The agency certifies that legal counsel has reviewed the adoption and found it to be a valid exercise of the agency's legal authority.

Filed with the Office of the Secretary of State on November 3, 2022.

TRD-202204366

Adriana Gonzales

Rules Coordinator

Public Utility Commission of Texas

Effective date: November 23, 2022

Proposal publication date: September 30, 2022

For further information, please call: (512) 936-7322


PART 4. TEXAS DEPARTMENT OF LICENSING AND REGULATION

CHAPTER 73. ELECTRICIANS

16 TAC §73.100

The Texas Commission of Licensing and Regulation (Commission) adopts amendments to an existing rule at 16 Texas Administrative Code (TAC), Chapter 73, §73.100, regarding the Electricians program, without changes to the proposed text as published in the June 17, 2022, issue of the Texas Register (47 TexReg 3522). The rule will not be republished.

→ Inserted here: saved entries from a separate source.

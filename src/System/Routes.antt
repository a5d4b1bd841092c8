-- ===== src/System/Routes.antt =====
-- The load balancer's routes, as the two servers' addresses, and a request that is answered at once.
use replicated_block_store.Prelude.{
  ◌≡◌, ◌≢◌, ◌≤◌, ◌-◌, ◌⊎◌, inl, inr, refl, some, [], arith, Bytes, ◌==◌, Bool-cases, true, false,
}
use replicated_block_store.Map.{find}
use replicated_block_store.Server.{StatusCode, ok}
use replicated_block_store.LoadBalancer.{
  LoadBalancer, primary_str, backup_str, node_at, touch_node, is_empty, client_at, route_read,
  route_write, get_server_to_route_to,
}
use replicated_block_store.LoadBalancer.Routing.{node_at-touch, clients-touch, idx-touch}
use replicated_block_store.Client
use replicated_block_store.Client.{Report, attempt_loop}

-- The client of a name calls the address `t`.
abbrev pub Reaches : LoadBalancer → Bytes → Bytes → Type 0
Reaches lb name t = find name lb.clients ≡ some (some t)

-- The primary is registered and called at `p`; the backup, if it is registered, is called at `q`.
pub record Routes (p q : Bytes) (lb : LoadBalancer) : Type 0 where
  pub alive : node_at primary_str lb.nodes ≢ []
  pub primary : Reaches lb primary_str p
  pub backup : node_at backup_str lb.nodes ≢ [] → Reaches lb backup_str q
  pub index : lb.idx ≤ 1

module _ (p q : Bytes) where
  pub Routes-touch :
      (identity : Bytes) (lb : LoadBalancer) → Routes p q lb → Routes p q (touch_node identity lb)
  Routes-touch identity lb r = record {
    alive = rw node_at-touch r.alive;
    primary = rw clients-touch r.primary;
    backup = λ h. rw clients-touch (r.backup (rw node_at-touch at h));
    index = rw idx-touch r.index;
  }

  -- The server that is chosen for a read.
  chosen :
      (lb : LoadBalancer)
      → Routes p q lb
      → (t : Bytes) × Reaches (get_server_to_route_to lb).1 (get_server_to_route_to lb).0 t
        × ((t ≡ p) ⊎ (t ≡ q))
        × Routes p q (get_server_to_route_to lb).1
  unfolding get_server_to_route_to
  chosen lb r =
      let lb' = record lb { idx = 1 - lb.idx } in
      let r' : Routes p q lb' = record {
        alive = r.alive;
        primary = r.primary;
        backup = r.backup;
        index = omega arith;
      } in
      elim (Bool-cases (1 - lb.idx == 0)) [
        | inl z ↦
            rw (z, empty_ne primary_str r.alive)
              (p, rw clients-touch r.primary, inl refl, Routes-touch primary_str lb' r')
        | inr z ↦
            let one : (1 - lb.idx == 1) ≡ true = ground arith in
            elim (Bool-cases (is_empty (node_at backup_str lb.nodes))) [
              | inl e ↦
                  rw (z, one, e)
                    (p, rw clients-touch r.primary, inl refl, Routes-touch backup_str lb' r')
              | inr e ↦
                  rw (z, one, e)
                    (
                      q,
                      rw clients-touch (r.backup (λ g. ground arith)),
                      inr refl,
                      Routes-touch backup_str lb' r',
                    )
            ]
      ]
    where
      empty_ne :
          (name : Bytes) → node_at name lb.nodes ≢ [] → is_empty (node_at name lb.nodes) ≡ false
      empty_ne name h = ground arith

  pub route_read-host :
      (lb : LoadBalancer)
      → Routes p q lb
      → (t : Bytes) × ((route_read lb).0 ≡ some t)
        × ((t ≡ p) ⊎ (t ≡ q))
        × Routes p q (route_read lb).1
  unfolding route_read client_at
  route_read-host lb r =
      let (t, e, which, r') = chosen lb r in (t, rw (e, client_at), which, rw (e, client_at) r')

  pub route_write-host :
      (lb : LoadBalancer)
      → Routes p q lb
      → ((route_write lb).0 ≡ some p) × ((route_write lb).1 ≡ lb)
  unfolding route_write client_at
  route_write-host lb r = let e = r.primary in (rw (e, client_at), rw (e, client_at))

-- The report of one attempt that succeeds.
abbrev pub at_once : {S : Type 0} → S → Report S
at_once t = record { status = ok; attempts = 1; slept = 0; state = t }

-- A call that is answered with OK is the only one.
module _ {S : Type 0} (call : S → StatusCode × S) (s t : S) (h : call s ≡ (ok, t)) where
  pub write-at_once : Client.write call s ≡ some (at_once t)
  unfolding Client.write attempt_loop
  write-at_once = rw h

  pub read-at_once : Client.read call s ≡ some (at_once t)
  unfolding Client.read attempt_loop
  read-at_once = rw h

EXPLANATION OF AND JUSTIFICATION FOR THE RULES

The rules under 16 TAC Chapter 73 implement Texas Occupations Code, Chapter 1305, Electricians.

Pursuant to Occupations Code, Chapter 1305, §1305.101(a)(2), the Commission is required to adopt the National Electrical Code (NEC) every three years "as the electrical code for the state." The Commission has adopted the 2020 NEC in its entirety by rule at 16 TAC, Chapter 73, §73.100, Technical Requirements. Section 90.4 of the 2020 NEC authorizes the Department to waive specific code requirements when doing so will not have a negative impact on safety.

Section 210.8(F) of the NEC requires certain outdoor outlets to have ground-fault circuit-interrupter (GFCI) protection. An incompatibility between most GFCI products on the market and common air-conditioning and heating equipment has resulted in that equipment failing by persistently tripping circuit breakers. Recent rulemaking by the Department has delayed the implementation of Section 210.8(F) until January 1, 2023, in order to allow equipment manufacturers to correct this incompatibility. See 16 TAC §73.100(b). However, because this incompatibility will not be resolved by January 1, 2023, the adopted rule will exclude Section 210.8(F) from the Department's implementation of the 2020 NEC altogether.

The summer heat and winter cold pose a serious threat to Texas residents whose air conditioning or heating systems have failed or are malfunctioning. Adopting the proposed rule would help keep Texas residents safe by ensuring installed air conditioning and heating systems are not subject to failure due to equipment incompatibility. Additionally, the Department's technical experts have confirmed that adopting the proposed rule would not have a negative impact on safety.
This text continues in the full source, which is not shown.